=== Section Start ===

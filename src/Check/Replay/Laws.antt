-- ===== src/Check/Replay/Laws.antt =====
-- The loop of the check tool over the entries, and its counters.
use sigmacatch.Json.{Json}
use sigmacatch.Detection.Engine.{
  DetectionEngine, EngineStats, MatchHeader, alert_of, get_alerts, process_events, put_events,
}
use sigmacatch.Check.Replay.{
  passed, skipped, ignored, no_entry, failed, stop, go, Loaded, Setting, Stored, replay, Outcome,
  Tally, check_entries, check_entry, count, load, tally,
}
use sigmacatch.Prelude.{
  All, Bool, List, [], ap, ap₂, arith, false, length, length-append, map, refl, suc, true, ℕ, ◌+◌,
  ◌∙◌, ◌∷◌, ◌≡◌,
}

module _ {Engine : Type 0} where
  -- An engine whose queue and alerts are empty, with some counters.
  abbrev pub idle : DetectionEngine Engine → EngineStats → DetectionEngine Engine
  idle s stats = record s { events = []; alerts = []; stats = stats }

  abbrev pub IsIdleOf : DetectionEngine Engine → DetectionEngine Engine → Type 0
  IsIdleOf s s' = (stats : EngineStats) × (s' ≡ idle s stats)

module _ (setting : Setting) {Engine : Type 0}
    (evaluate_batch : Engine → List Json → List (List MatchHeader)) where
  replay-idle :
      (f : Stored) (l : Loaded) (s : DetectionEngine Engine) (stats stats' : EngineStats)
      → ((replay setting evaluate_batch f l (idle s stats)).0
          ≡ (replay setting evaluate_batch f l (idle s stats')).0)
        × IsIdleOf s (replay setting evaluate_batch f l (idle s stats)).1
  unfolding put_events process_events get_alerts alert_of
  replay-idle f (stop o) s stats stats' = (refl, (stats, refl))
  replay-idle f (go e []) s stats stats' = (refl, (_, refl))
  replay-idle f (go e (v ∷ vs)) s stats stats' = (refl, (_, refl))

  -- The outcome of an entry that is checked alone.
  abbrev pub alone : DetectionEngine Engine → Stored → Outcome
  alone s f =
      (check_entry setting evaluate_batch f
        (idle s (record { events_processed = 0; alerts_generated = 0 }))).0

  -- Every entry is judged as if it were checked alone, in their order: no event or alert of one
  -- reaches another.
  pub check_entries-alone :
      (fs : List Stored) (s : DetectionEngine Engine) (stats : EngineStats)
      → check_entries setting evaluate_batch fs (idle s stats) ≡ map (alone s) fs
  unfolding check_entries check_entry
  check_entries-alone [] s stats = refl
  check_entries-alone (f ∷ fs) s stats =
      let (same, (stats', e)) =
        replay-idle f (load setting f) s stats
          (record { events_processed = 0; alerts_generated = 0 }) in
      ap₂ (λ o os. o ∷ os) same
        (ap (check_entries setting evaluate_batch fs) e ∙ check_entries-alone fs s stats')

-- What the counters account for, before and behind some outcomes.
abbrev pub sum : Tally → ℕ
sum t = t.passes + t.skips + length t.failures

abbrev pub is_no_entry : Outcome → Bool
is_no_entry no_entry = true
is_no_entry passed = false
is_no_entry skipped = false
is_no_entry ignored = false
is_no_entry (failed name e) = false

count-sum :
    (o : Outcome) (t : Tally)
    → (is_no_entry o ≡ false)
    → ((count o t).total + sum t ≡ t.total + sum (count o t))
      × ((count o t).total + (count o t).ignores ≡ suc (t.total + t.ignores))
unfolding count
count-sum passed t h = (omega arith, omega arith)
count-sum skipped t h = (omega arith, omega arith)
count-sum ignored t h = (omega arith, omega arith)
count-sum no_entry t h = absurd (cc)
count-sum (failed name e) t h =
    (omega (arith, length-append t.failures ((name, e) ∷ [])), omega arith)

-- The counters account for every outcome: those that are counted in the total passed, were skipped
-- or are listed as failed, and the others were ignored. Every index has an entry.
pub tally-sum :
    (os : List Outcome) (t : Tally)
    → All (λ o. is_no_entry o ≡ false) os
    → ((tally os t).total + sum t ≡ t.total + sum (tally os t))
      × ((tally os t).total + (tally os t).ignores ≡ t.total + t.ignores + length os)
unfolding tally
tally-sum [] t h = (refl, omega arith)
tally-sum (o ∷ os) t (h, hs) =
    let here = count-sum o t h in
    let later = tally-sum os (count o t) hs in
    (omega (arith, here.0, later.0), omega (arith, here.1, later.1))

=== Section End ===

(Task objective): Where the line holding "check_entries-alone (f ∷" appears in the listing above, start reproducing exactly, and end with the line holding "(o : Outcome) (t : Tally)".

(Your response):
  check_entries-alone (f ∷ fs) s stats =
      let (same, (stats', e)) =
        replay-idle f (load setting f) s stats
          (record { events_processed = 0; alerts_generated = 0 }) in
      ap₂ (λ o os. o ∷ os) same
        (ap (check_entries setting evaluate_batch fs) e ∙ check_entries-alone fs s stats')

-- What the counters account for, before and behind some outcomes.
abbrev pub sum : Tally → ℕ
sum t = t.passes + t.skips + length t.failures

abbrev pub is_no_entry : Outcome → Bool
is_no_entry no_entry = true
is_no_entry passed = false
is_no_entry skipped = false
is_no_entry ignored = false
is_no_entry (failed name e) = false

count-sum :
    (o : Outcome) (t : Tally)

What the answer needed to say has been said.